Everyone was staring at him as though he’d committed the worst of all atrocities. He could only bow his head down and cry.
“So where is this human girl?” a Light elder asked.
“We believed the boy guilty until we came to retrieve the both of them, and the human girl was gone, escaped.”
“Did you find the one responsible for her escape?”
“There are five witnesses here that attest to observing her resist our spiritual restraints. They observed her walk right through the wall of her imprisonment and escape. We sent thousands out in search of her and sent the alert to everyone in our realm. Two spirits at the borders claim to have seen something passing through from our side. They attempted to stop it, but said it broke through, past the Forbidden. The boy claims she may have some type of magic.”
“Do you have any proof to these attestations?”
The stuffed dog was floated upward and presented before all the elders.
“An object from the human world. She did not have this on her person when she arrived, and the human boy has been confined since this incident of her unbidden arrival. He states she did a kind of magic,
the same magic that allowed her to walk through our prison, and it just appeared in her hand.”
“Her name’s Aliyah, and, in exchange for my release, I can find her,” the Dark soul criminal blurted out.
“Silence while the elders are convening,” was bellowed out with no seen source.
“Aliyah? Could it be, after all this time, that she has broken her word?” an older elder questioned. “Oh, I’d hoped to never have to hear that name again.”
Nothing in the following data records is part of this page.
-- ===== src/ZeroForce/Limits.antt =====
-- ZeroForceLogic: the acceleration limit of one compliant cycle.
use zero_force_controller.Common.{◌≡◌, true, arith}
use zero_force_controller.Double.{Double, ◌≼◌, nought}
use zero_force_controller.Double.Laws.{IsIeee, clamp_bounds, clamp_keeps, num_of_clamp}
use zero_force_controller.Control.{compliant, Inputs, dt, count_period, fail}
use zero_force_controller.ZeroForce.{
  ZeroForceSettings, ZeroForceLogic, settings_valid, by_phase, comply, update, next_velocity,
  residual,
}
use zero_force_controller.ZeroForce.Safety.{IsSafe, IsSendable, observed}

module _ {D : Type 0} ⦃d : Double D⦄ where
  -- the change of velocity that `max_acceleration_mps2` allows in one cycle
  abbrev pub step : ZeroForceSettings D → D
  step p = d.mul p.max_acceleration dt

module _ {D : Type 0} ⦃d : Double D⦄ (ieee : IsIeee D) where
  open d use {add, sub, mul, negate, is_finite}
  open ieee use {
    finite_add, finite_mul, finite_refl, le_of_lt, le_trans, le-add_nonneg, sub_nonneg-le,
    mul_nonneg, lit_nonneg, lit_finite, finite_between, negate_finite,
  }

  limits_finite :
      (p : ZeroForceSettings D)
      → settings_valid p ≡ true
      → (is_finite p.max_velocity ≡ true)
        × (is_finite p.max_acceleration ≡ true)
        × (nought ≼ p.max_acceleration)
  unfolding settings_valid
  limits_finite p h = ground (arith, le_of_lt nought p.max_acceleration)

  step_nonneg : (p : ZeroForceSettings D) → settings_valid p ≡ true → nought ≼ step p
  step_nonneg p h =
      let (_, f, n) = limits_finite p h in
      mul_nonneg p.max_acceleration dt f (lit_finite 1 3 (omega arith)) n (lit_nonneg 1 3)

  next_velocity_step :
      (l : ZeroForceLogic D) (r : D)
      → settings_valid l.p ≡ true
      → IsSendable l
      → next_velocity l r ≼ next_velocity l r
      → let old = l.state.reference_velocity in
        (sub old (step l.p) ≼ next_velocity l r) × (next_velocity l r ≼ add old (step l.p))
  unfolding next_velocity
  next_velocity_step l r h s n =
      let old = l.state.reference_velocity in
      let (fv, _, _) = limits_finite l.p h in
      let f : is_finite old ≡ true =
        finite_between (negate l.p.max_velocity) old l.p.max_velocity (negate_finite _ fv) fv
          s.slow_down s.slow_up in
      let down = sub_nonneg-le old (step l.p) f (step_nonneg l.p h) in
      let up = le-add_nonneg old (step l.p) f (step_nonneg l.p h) in
      clamp_keeps ieee _ _ _ _ old _
        (clamp_bounds ieee _ _ _ (le_trans _ old _ down up) (num_of_clamp ieee _ _ _ n)) (down, up)
        (s.slow_down, s.slow_up)

  comply_acceleration :
      (l : ZeroForceLogic D) (i : Inputs D)
      → settings_valid l.p ≡ true
      → IsSendable l
      → (comply l i).state.valid ≡ true
      → let old = l.state.reference_velocity in
        let new = (comply l i).state.reference_velocity in
        (sub old (step l.p) ≼ new) × (new ≼ add old (step l.p))
  unfolding comply fail
  comply_acceleration l i h s v =
      let r = residual l i in
      ground (
        arith,
        finite_add l.state.reference_position (mul (next_velocity l r) dt),
        finite_mul (next_velocity l r) dt,
        finite_refl (next_velocity l r),
        next_velocity_step l r h s,
      )

  -- A compliant cycle that stays valid changes the reference velocity by at most
  -- `max_acceleration_mps2 * dt`, if the cycle before left a safe state.
  pub update_acceleration :
      (l : ZeroForceLogic D) (i : Inputs D)
      → IsSafe l
      → l.state.phase ≡ compliant
      → (update l i).state.valid ≡ true
      → let old = l.state.reference_velocity in
        let new = (update l i).state.reference_velocity in
        (sub old (step l.p) ≼ new) × (new ≼ add old (step l.p))
  unfolding update by_phase fail count_period
  update_acceleration l i s q v =
      ground (arith, s.settled, s.sendable, comply_acceleration (observed l i) i)
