-- ===== src/ZeroForce/Phases.antt =====
-- ZeroForceLogic as a state machine: the order of its phases, the latch of a fault, and the
-- length of the two captures.
use zero_force_controller.Common.{
  ℕ, ◌+◌, ◌<◌, ◌≤◌, ◌^◌, ◌≡◌, refl, true, false, List, [], ◌∷◌, ◌∙◌, arith, length,
}
use zero_force_controller.Double.{Double}
use zero_force_controller.Control.{
  Phase, baseline, noise, compliant, hold, idle, faulted, Inputs, Snapshot, count_period, fail,
}
use zero_force_controller.ZeroForce.Safety.{observed}
use zero_force_controller.ZeroForce.{
  ZeroForceSettings, ZeroForceLogic, activate, by_phase, comply, update, run, measure_baseline,
  measure_noise, accumulate_noise, cycles, holding, reset,
}

-- the steps that a cycle may make
pub data Follows (p q : Phase) : Type 0 where
  stay : q ≡ p → Follows p q
  stops : q ≡ faulted → Follows p q
  baseline_done : p ≡ baseline → q ≡ noise → Follows p q
  noise_done : p ≡ noise → q ≡ compliant → Follows p q

module _ {D : Type 0} ⦃d : Double D⦄ where
  open d use {fabs, sub}

  phase-measure_baseline :
      (l : ZeroForceLogic D) (i : Inputs D)
      → l.state.phase ≡ baseline
      → Follows baseline (measure_baseline l i).state.phase
  unfolding measure_baseline
  phase-measure_baseline l i h = grind (arith, stay, baseline_done)

  phase-measure_noise :
      (l : ZeroForceLogic D) (i : Inputs D)
      → l.state.phase ≡ noise
      → Follows noise (measure_noise l i).state.phase
  unfolding measure_noise accumulate_noise
  phase-measure_noise l i h = grind (arith, stay, noise_done)

  phase-comply :
      (l : ZeroForceLogic D) (i : Inputs D) → Follows l.state.phase (comply l i).state.phase
  unfolding comply fail
  phase-comply l i = grind (arith, stay, stops)

  by_phase-Follows :
      (p : Phase) (l : ZeroForceLogic D) (i : Inputs D)
      → l.state.phase ≡ p
      → Follows p (by_phase p l i).state.phase
  unfolding by_phase fail
  by_phase-Follows hold l i h = stay h
  by_phase-Follows baseline l i h = grind (arith, stops, phase-measure_baseline)
  by_phase-Follows noise l i h = grind (arith, stops, phase-measure_noise)
  by_phase-Follows idle l i h = rw (← h) (phase-comply l i)
  by_phase-Follows _ l i h = rw (← h) (phase-comply l i)

  phase-count_period : (i : Inputs D) (s : Snapshot D) → (count_period i s).phase ≡ s.phase
  unfolding count_period
  phase-count_period i s = ground arith

  -- A cycle keeps the phase, faults, ends the baseline capture, or ends the noise capture; no
  -- other change of phase happens.
  pub update-Follows :
      (l : ZeroForceLogic D) (i : Inputs D) → Follows l.state.phase (update l i).state.phase
  unfolding update fail
  update-Follows l i =
      let branch = by_phase-Follows l.state.phase (observed l i) i (phase-count_period i l.state) in
      grind (arith, stops, branch, phase-count_period i l.state)

  -- A fault is latched: whatever is fed in afterwards, the state stays invalid with the first
  -- fault's code.
  pub run_latched :
      (l : ZeroForceLogic D) (is : List (Inputs D))
      → l.state.valid ≡ false
      → ((run l is).state.valid ≡ false) × ((run l is).state.fault ≡ l.state.fault)
  unfolding run update fail
  run_latched l [] h = (h, refl)
  run_latched l (i ∷ is) h = ground (arith, run_latched (update l i) is)

  accumulate_noise_keeps :
      (l : ZeroForceLogic D) (x : D)
      → let m = accumulate_noise l x in
        (m.p ≡ l.p) × (m.count ≡ l.count) × (m.state ≡ l.state) × (m.active ≡ l.active)
  unfolding accumulate_noise
  accumulate_noise_keeps l x = ground arith

  measure_noise_lem :
      (l : ZeroForceLogic D) (i : Inputs D)
      → l.count + 1 < 2 ^ 64
      → l.state.phase ≡ noise
      → let n = cycles l.p.noise_duration in
        let m = measure_noise l i in
        (m.active ≡ l.active)
        × (m.p ≡ l.p)
        × (l.count + 1 < n → (m.state.phase ≡ noise) × (m.count ≡ l.count + 1))
        × (n ≤ l.count + 1 → (m.state.phase ≡ compliant))
  unfolding measure_noise
  measure_noise_lem l i w q =
      ground (arith, accumulate_noise_keeps l (fabs (sub i.force l.state.baseline_force)))

  module _ (l : ZeroForceLogic D) (i : Inputs D) where
    -- One accepted cycle of the baseline capture.
    baseline_step :
        l.active ≡ true
        → l.state.phase ≡ baseline
        → l.count + 1 < 2 ^ 64
        → (update l i).state.valid ≡ true
        → let n = cycles l.p.baseline_duration in
          let m = update l i in
          (m.active ≡ true)
          × (m.p ≡ l.p)
          × (l.count + 1 < n → (m.state.phase ≡ baseline) × (m.count ≡ l.count + 1))
          × (n ≤ l.count + 1 → (m.state.phase ≡ noise) × (m.count ≡ 0))
    unfolding update by_phase measure_baseline fail count_period
    baseline_step a q w v = ground arith

    noise_step :
        l.active ≡ true
        → l.state.phase ≡ noise
        → l.count + 1 < 2 ^ 64
        → (update l i).state.valid ≡ true
        → let n = cycles l.p.noise_duration in
          let m = update l i in
          (m.active ≡ true)
          × (m.p ≡ l.p)
          × (l.count + 1 < n → (m.state.phase ≡ noise) × (m.count ≡ l.count + 1))
          × (n ≤ l.count + 1 → (m.state.phase ≡ compliant))
    unfolding update by_phase fail count_period
    noise_step a q w v = ground (arith, measure_noise_lem (holding (observed l i) i) i)

  -- A valid end means that every cycle on the way was valid.
  valid_before :
      (l : ZeroForceLogic D) (is : List (Inputs D))
      → (run l is).state.valid ≡ true
      → l.state.valid ≡ true
  valid_before l is v = ground (arith, run_latched l is)

  -- what the captures do to the phase after `k` more accepted cycles
  abbrev Captured : Phase → ZeroForceLogic D → ℕ → ZeroForceLogic D → Type 0
  Captured q l k m = (m.active ≡ true) × (m.p ≡ l.p) × (m.state.phase ≡ q) × (m.count ≡ l.count + k)

  run_baseline :
      (l : ZeroForceLogic D) (is : List (Inputs D))
      → l.active ≡ true
      → l.state.phase ≡ baseline
      → l.count + length is < cycles l.p.baseline_duration
      → cycles l.p.baseline_duration < 2 ^ 64
      → (run l is).state.valid ≡ true
      → Captured baseline l (length is) (run l is)
  unfolding run
  run_baseline l [] a q h w v = ground arith
  run_baseline l (i ∷ is) a q h w v =
      ground
        (arith, baseline_step l i a q, valid_before (update l i) is v, run_baseline (update l i) is)

  run_noise :
      (l : ZeroForceLogic D) (is : List (Inputs D))
      → l.active ≡ true
      → l.state.phase ≡ noise
      → l.count + length is < cycles l.p.noise_duration
      → cycles l.p.noise_duration < 2 ^ 64
      → (run l is).state.valid ≡ true
      → Captured noise l (length is) (run l is)
  unfolding run
  run_noise l [] a q h w v = ground arith
  run_noise l (i ∷ is) a q h w v =
      ground (arith, noise_step l i a q, valid_before (update l i) is v, run_noise (update l i) is)

  activated :
      (l : ZeroForceLogic D) (p : ZeroForceSettings D) (i : Inputs D)
      → p.hold_only ≡ false
      → (activate l p i).0 ≡ true
      → let m = (activate l p i).1 in
        (m.active ≡ true) × (m.p ≡ p) × (m.state.phase ≡ baseline) × (m.count ≡ 0)
  unfolding activate reset
  activated l p i h a = ground arith

  -- The captures end exactly on time. After a successful activation that does not hold only, with
  -- `n` cycles of baseline and `m` of noise to capture, both below 2 ^ 64: if every cycle is
  -- accepted, the phase is baseline after `n - 1` cycles, noise after `n` and after `n + m - 1`, and
  -- compliant after `n + m`.
  pub captures_on_time :
      (l : ZeroForceLogic D) (p : ZeroForceSettings D) (start : Inputs D) (bs : List (Inputs D))
      (b : Inputs D) (ns : List (Inputs D)) (c : Inputs D)
      → p.hold_only ≡ false
      → (activate l p start).0 ≡ true
      → length bs + 1 ≡ cycles p.baseline_duration
      → length ns + 1 ≡ cycles p.noise_duration
      → cycles p.baseline_duration < 2 ^ 64
      → cycles p.noise_duration < 2 ^ 64
      → (update (run (update (run (activate l p start).1 bs) b) ns) c).state.valid ≡ true
      → let l0 = (activate l p start).1 in
        let l1 = run l0 bs in
        let l2 = update l1 b in
        let l3 = run l2 ns in
        let l4 = update l3 c in
        (l1.state.phase ≡ baseline)
        × (l2.state.phase ≡ noise)
        × (l3.state.phase ≡ noise)
        × (l4.state.phase ≡ compliant)
  unfolding run
  captures_on_time l p start bs b ns c h a eb en wb wn v =
      let l0 = (activate l p start).1 in
      let l1 = run l0 bs in
      let l2 = update l1 b in
      let l3 = run l2 ns in
      let v3 = valid_before l3 (c ∷ []) v in
      let v2 = valid_before l2 ns v3 in
      let v1 = valid_before l1 (b ∷ []) v2 in
      let (a0, p0, q0, k0) = activated l p start h a in
      let r1 = run_baseline l0 bs a0 q0 (rw (p0, k0) (omega arith)) (rw p0 wb) v1 in
      let r2 = baseline_step l1 b r1.0 r1.2 (omega arith) v2 in
      let e2 : l2.p ≡ p = r2.1 ∙ r1.1 ∙ p0 in
      let done : cycles l1.p.baseline_duration ≤ l1.count + 1 = rw (r1.1, p0) (omega arith) in
      let (q2, k2) = r2.3 done in
      let r3 = run_noise l2 ns r2.0 q2 (rw (e2, k2) (omega arith)) (rw e2 wn) v3 in
      let e3 : l3.p ≡ p = r3.1 ∙ e2 in
      let r4 = noise_step l3 c r3.0 r3.2 (omega arith) v in
      let over : cycles l3.p.noise_duration ≤ l3.count + 1 = rw e3 (omega arith) in
      (r1.2, q2, r3.2, r4.3 over)
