-- ===== src/Tests/Logic.antt =====
-- The compliance law: two cycles of baseline, two of noise, then compliance.
use zero_force_controller.Common.{ℕ, ◌*◌, ◌^◌, ◌<◌, ◌≡◌, refl, true, false, none, [], ◌∷◌, arith}
use zero_force_controller.Common.Int.{pos, ◌+ℤ◌, ◌-ℤ◌, ◌*ℤ◌}
use zero_force_controller.Double.{nought, ◌≼◌, clamp}
use zero_force_controller.Double.Fixed.{
  Fixed, fixed_double, Fixed-IsIeee, multiply, divide, square_root, exponential,
}
use zero_force_controller.Control.{
  Inputs, baseline, noise, compliant, no_inputs, fresh_snapshot, contains, bounds_valid,
  inputs_finite, period_valid, count_period, fail,
}
use zero_force_controller.ZeroForce.{
  cycles, ZeroForceSettings, ZeroForceLogic, settings_valid, settings_finite, activate, accepts,
  reset, update, run, by_phase, measure_baseline, measure_noise, accumulate_noise, comply,
  next_velocity,
}
use zero_force_controller.ZeroForce.Safety.{IsSafe, run-IsSafe}
use zero_force_controller.ZeroForce.Limits.{step, update_acceleration}
use zero_force_controller.ZeroForce.Phases.{Follows, update-Follows, run_latched, captures_on_time}

abbrev pub milli : ℕ → Fixed
milli n = fixed_double.lit n 3

abbrev pub settings : ZeroForceSettings Fixed
settings = record {
  limits = record {
    excursion_limit = milli 500;
    use_position_bounds = false;
    lower = none;
    upper = none;
  };
  hold_only = false;
  baseline_duration = milli 2;
  noise_duration = milli 2;
  acceleration_per_force = milli 1000;
  damping = milli 1000;
  inertial_force_coefficient = milli 0;
  noise_multiplier = milli 3000;
  minimum_deadband = milli 100;
  max_acceleration = milli 10000;
  max_velocity = milli 500;
  stationary_velocity = milli 10;
  max_force = milli 100000;
  force_response_sign = pos 1;
}

abbrev pub logic : ZeroForceLogic Fixed
logic = record {
  p = settings;
  state = fresh_snapshot;
  active = false;
  count = 0;
  origin = nought;
  mean = nought;
  noise_scale = nought;
  noise_sum = nought;
}

abbrev pub at : ℕ → Inputs Fixed
at n = record no_inputs { time_ns = pos (1_000_000 * n) }

abbrev pub pushed : ℕ → Inputs Fixed
pushed n = record (at n) { force = milli 2000 }

abbrev active_logic : ZeroForceLogic Fixed
active_logic = (activate logic settings (at 0)).1

abbrev pub compliant_logic : ZeroForceLogic Fixed
compliant_logic = run active_logic (at 1 ∷ at 2 ∷ at 3 ∷ at 4 ∷ [])

abbrev lost_logic : ZeroForceLogic Fixed
lost_logic = update active_logic (record (at 1) { position = none })

phases : compliant_logic.state.phase ≡ compliant
unfolding activate accepts reset settings_valid settings_finite bounds_valid contains inputs_finite
    run update by_phase period_valid count_period measure_baseline measure_noise accumulate_noise
    multiply divide square_root ◌+ℤ◌ ◌-ℤ◌ ◌*ℤ◌
phases = refl

run-IsSafe_example :
    IsSafe (run (activate logic settings (at 0)).1 (at 1 ∷ at 2 ∷ at 3 ∷ at 4 ∷ pushed 5 ∷ []))
run-IsSafe_example =
    run-IsSafe Fixed-IsIeee logic settings (at 0) (at 1 ∷ at 2 ∷ at 3 ∷ at 4 ∷ pushed 5 ∷ [])

update-Follows_example :
    Follows compliant_logic.state.phase (update compliant_logic (pushed 5)).state.phase
update-Follows_example = update-Follows compliant_logic (pushed 5)

pub compliant_logic-IsSafe : IsSafe compliant_logic
compliant_logic-IsSafe =
    run-IsSafe Fixed-IsIeee logic settings (at 0) (at 1 ∷ at 2 ∷ at 3 ∷ at 4 ∷ [])

compliant_is_valid : (update compliant_logic (pushed 5)).state.valid ≡ true
unfolding activate accepts reset settings_valid settings_finite bounds_valid contains inputs_finite
    run update by_phase period_valid count_period measure_baseline measure_noise accumulate_noise
    multiply divide square_root exponential comply next_velocity clamp ◌+ℤ◌ ◌-ℤ◌ ◌*ℤ◌
compliant_is_valid = refl

update_acceleration_example :
    let old = compliant_logic.state.reference_velocity in
    let new = (update compliant_logic (pushed 5)).state.reference_velocity in
    (fixed_double.sub old (step settings) ≼ new) × (new ≼ fixed_double.add old (step settings))
unfolding activate accepts reset settings_valid settings_finite bounds_valid contains inputs_finite
    run update by_phase period_valid count_period measure_baseline measure_noise accumulate_noise
    multiply divide square_root ◌+ℤ◌ ◌-ℤ◌ ◌*ℤ◌
update_acceleration_example =
    update_acceleration Fixed-IsIeee compliant_logic (pushed 5) compliant_logic-IsSafe phases
      compliant_is_valid

lost : lost_logic.state.valid ≡ false
unfolding activate accepts reset settings_valid settings_finite bounds_valid contains inputs_finite
    update fail ◌-ℤ◌
lost = refl

run_latched_example :
    ((run lost_logic (at 2 ∷ pushed 3 ∷ [])).state.valid ≡ false)
    × ((run lost_logic (at 2 ∷ pushed 3 ∷ [])).state.fault ≡ lost_logic.state.fault)
run_latched_example = run_latched lost_logic (at 2 ∷ pushed 3 ∷ []) lost

accepted : (activate logic settings (at 0)).0 ≡ true
unfolding activate accepts reset settings_valid settings_finite bounds_valid contains inputs_finite
    ◌-ℤ◌
accepted = refl

two_cycles : 2 ≡ cycles settings.baseline_duration
unfolding divide ◌+ℤ◌
two_cycles = refl

small : cycles settings.baseline_duration < 2 ^ 64
unfolding divide ◌+ℤ◌
small = omega arith

all_valid :
    (update (run (update (run active_logic (at 1 ∷ [])) (at 2)) (at 3 ∷ [])) (at 4)).state.valid
    ≡ true
unfolding activate accepts reset settings_valid settings_finite bounds_valid contains inputs_finite
    run update by_phase period_valid count_period measure_baseline measure_noise accumulate_noise
    multiply divide square_root ◌+ℤ◌ ◌-ℤ◌ ◌*ℤ◌
all_valid = refl

captures_on_time_example :
    ((run active_logic (at 1 ∷ [])).state.phase ≡ baseline)
    × ((update (run active_logic (at 1 ∷ [])) (at 2)).state.phase ≡ noise)
    × ((run (update (run active_logic (at 1 ∷ [])) (at 2)) (at 3 ∷ [])).state.phase ≡ noise)
    × ((update (run (update (run active_logic (at 1 ∷ [])) (at 2)) (at 3 ∷ [])) (at 4)).state.phase
        ≡ compliant)
captures_on_time_example =
    captures_on_time logic settings (at 0) (at 1 ∷ []) (at 2) (at 3 ∷ []) (at 4) refl accepted
      two_cycles two_cycles small small all_valid
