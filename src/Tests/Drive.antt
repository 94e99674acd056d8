-- ===== src/Tests/Drive.antt =====
-- The controllers and the publisher: activations, cycles, and a drain between them.
use zero_force_controller.Common.{
  ℕ, zero, suc, ◌≡◌, refl, ap, true, false, List, [], ◌∷◌, ◌++◌, arith, length,
}
use zero_force_controller.Common.Int.{pos, ◌-ℤ◌}
use zero_force_controller.Double.{nought}
use zero_force_controller.Double.Fixed.{Fixed, fixed_double, Fixed-IsIeee}
use zero_force_controller.Control.{Snapshot, fresh_snapshot, bounds_valid, contains, inputs_finite}
use zero_force_controller.ZeroForce.{
  ZeroForceSettings, ZeroForceLogic, settings_valid, settings_finite, activate, accepts, reset,
}
use zero_force_controller.Capture
use zero_force_controller.Capture.{Capture, CaptureRecord, blank_record, pop, completion}
use zero_force_controller.Output.{fresh_output}
use zero_force_controller.Telemetry.{
  Pipeline, Event, begins, sampled, finishes, ticks, waiting, capacity, run, begin,
}
use zero_force_controller.Telemetry.Message.{TrialStatus}
use zero_force_controller.Telemetry.Log.{handed, unsent, queued, IsFresh}
use zero_force_controller.Telemetry.Delivery.{Sized, all_stored, run-Delivers}
use zero_force_controller.Telemetry.Handshake.{Alternates, IsInTurn, run-IsInTurn}
use zero_force_controller.Telemetry.Accounts.{Accurate, Rising}
use zero_force_controller.Controller.{Controller, on_activate, cycles}
use zero_force_controller.Controller.Logics.{zero_force_law, zero_force-IsSound}
use zero_force_controller.Controller.Activation.{IsActivation, on_activate-IsActivation}
use zero_force_controller.Controller.Cycle.{IsCommanded, activated-IsCommanded}
use zero_force_controller.Controller.Session.{Move, activates, deactivates, drains, acts, acts_lem}
use zero_force_controller.Tests.Logic.{pushed, settings, logic, at}

abbrev pub blank : CaptureRecord (Snapshot Fixed)
blank = blank_record fresh_snapshot

unfoldable copies : ℕ → List (CaptureRecord (Snapshot Fixed))
copies zero = []
copies (suc n) = blank ∷ copies n

length-copies : (n : ℕ) → length (copies n) ≡ n
unfolding copies
length-copies zero = refl
length-copies (suc n) = ap suc (length-copies n)

abbrev ring : Capture (Snapshot Fixed)
ring = record {
  records = copies capacity;
  read = 0;
  write = 0;
  published_drops = 0;
  terminal_pending = false;
  trial = 0;
  sequence = 0;
  drops = 0;
  running = false;
  last = blank;
  terminal = record { final = blank; dropped = 0; completed = false };
}

abbrev pub no_status : TrialStatus
no_status = record {
  stamp = pos 0;
  trial_id = 0;
  final_sequence = 0;
  dropped_samples = 0;
  failed_publication_samples = 0;
  phase = 0;
  fault_code = 0;
  completed = false;
  successful = false;
  capture_complete = false;
}

abbrev pipeline : Pipeline Fixed
pipeline = record {
  capture = ring;
  ready = true;
  consumer_trial = 0;
  publication_failures = 0;
  status_pending = false;
  pending_status = no_status;
  samples = [];
  consumed = 0;
  place = waiting;
  log = [];
}

pipeline-IsFresh : IsFresh pipeline
pipeline-IsFresh = record {
  valid = omega (arith, length-copies capacity);
  empty = refl;
  stopped = refl;
  completed = refl;
  unused = refl;
  silent = refl;
  waits = refl;
  ready = refl;
  reported = refl;
  failures = refl;
}

-- A trial of one sample, and a drain that hands it over, finds the ring empty and reports.
abbrev one_trial : List (Event Fixed)
one_trial =
    begins 1
    ∷ sampled fresh_snapshot
    ∷ finishes true
    ∷ ticks true
    ∷ ticks true
    ∷ ticks true
    ∷ ticks true
    ∷ ticks false
    ∷ ticks true
    ∷ ticks true
    ∷ ticks true
    ∷ ticks true
    ∷ []

run-Delivers_example :
    let q = run pipeline one_trial in
    (handed q.log ++ (unsent q.place q.samples ++ queued q) ≡ all_stored pipeline one_trial)
    × Sized q.log
run-Delivers_example = run-Delivers pipeline one_trial pipeline-IsFresh (omega arith)

run-IsInTurn_example : IsInTurn (run pipeline one_trial)
run-IsInTurn_example = run-IsInTurn pipeline one_trial pipeline-IsFresh

abbrev controller : Controller Fixed (ZeroForceLogic Fixed)
controller = record {
  logic = logic;
  output = fresh_output;
  telemetry = pipeline;
  last_trial = 0;
  active = false;
  command = nought;
}

on_activate-IsActivation_example :
    IsActivation zero_force_law controller
      (at 0)
      (on_activate zero_force_law settings 0 (at 0) controller).0
      (on_activate zero_force_law settings 0 (at 0) controller).1
on_activate-IsActivation_example =
    on_activate-IsActivation zero_force_law settings 0 (at 0) controller

activates_first : (on_activate zero_force_law settings 0 (at 0) controller).0 ≡ true
unfolding on_activate begin activate accepts reset settings_valid settings_finite bounds_valid
    contains inputs_finite Capture.begin ◌-ℤ◌
activates_first = refl

activated-IsCommanded_example :
    let c = (on_activate zero_force_law settings 0 (at 0) controller).1 in
    let r = cycles zero_force_law (at 1) (pushed 2 ∷ []) c in
    IsCommanded zero_force_law (zero_force-IsSound Fixed-IsIeee) r.1 r.0
activated-IsCommanded_example =
    activated-IsCommanded zero_force_law (zero_force-IsSound Fixed-IsIeee) settings 0 (at 0) (at 1)
      (pushed 2 ∷ []) controller

abbrev life : List (Move Fixed (ZeroForceSettings Fixed))
life =
    activates settings 0 (at 0)
    ∷ drains true
    ∷ Move.cycles (at 1)
    ∷ drains true
    ∷ drains true
    ∷ deactivates (at 2)
    ∷ drains true
    ∷ []

acts_lem_example :
    let log = (acts zero_force_law controller life).telemetry.log in
    Alternates log × Rising log × Accurate log
acts_lem_example = acts_lem zero_force_law controller life pipeline-IsFresh (omega arith)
“A human’s word from that world means nothing,” the dark Elder with grey-eyes said.
“Do we have any proof, though, that it is her?”
“Only our history that presents her as being the only one to have these abilities.”
“So the hunt resumes,” he murmured sadly. “We’ll take as many volunteers as we can to make the unbreakable vows to be placed on the borders of the Forbidden. We know what she looks like here. We’ll wait.”
“We tried that before and she always escaped. She is a very powerful resister, as far as I can recall. That was during the time when I was a Boundary hunter. She alluded all of us. When we did capture her here, she escaped every spiritual enchantment and hold we tried placing on her. How many souls do we have to lose to the Nothingness because of one human?” an older Dark elder said.
“Then what do you suggest?”
The Dark elder pointed toward the Dark criminal. “He claims to have known her during his time in the human world. In fact, he claims to have given her her name and raised her. He has volunteered to go to the human world, find her, and bring her back to us. She will not be able to use her magic, or whatever it is she has, there. We will use human world constraints on her to keep her eternally imprisoned in Otherland.”
“You are her father?” was directed at the Dark prisoner.
“Er, let’s just say I was her guardian of sorts.” Followed by a laugh that could mean nothing but cruelty.
“Why, as her guardian in the human world, would you want her imprisoned here? Did you have no love for her? No desire to protect her?” a Light elder questioned.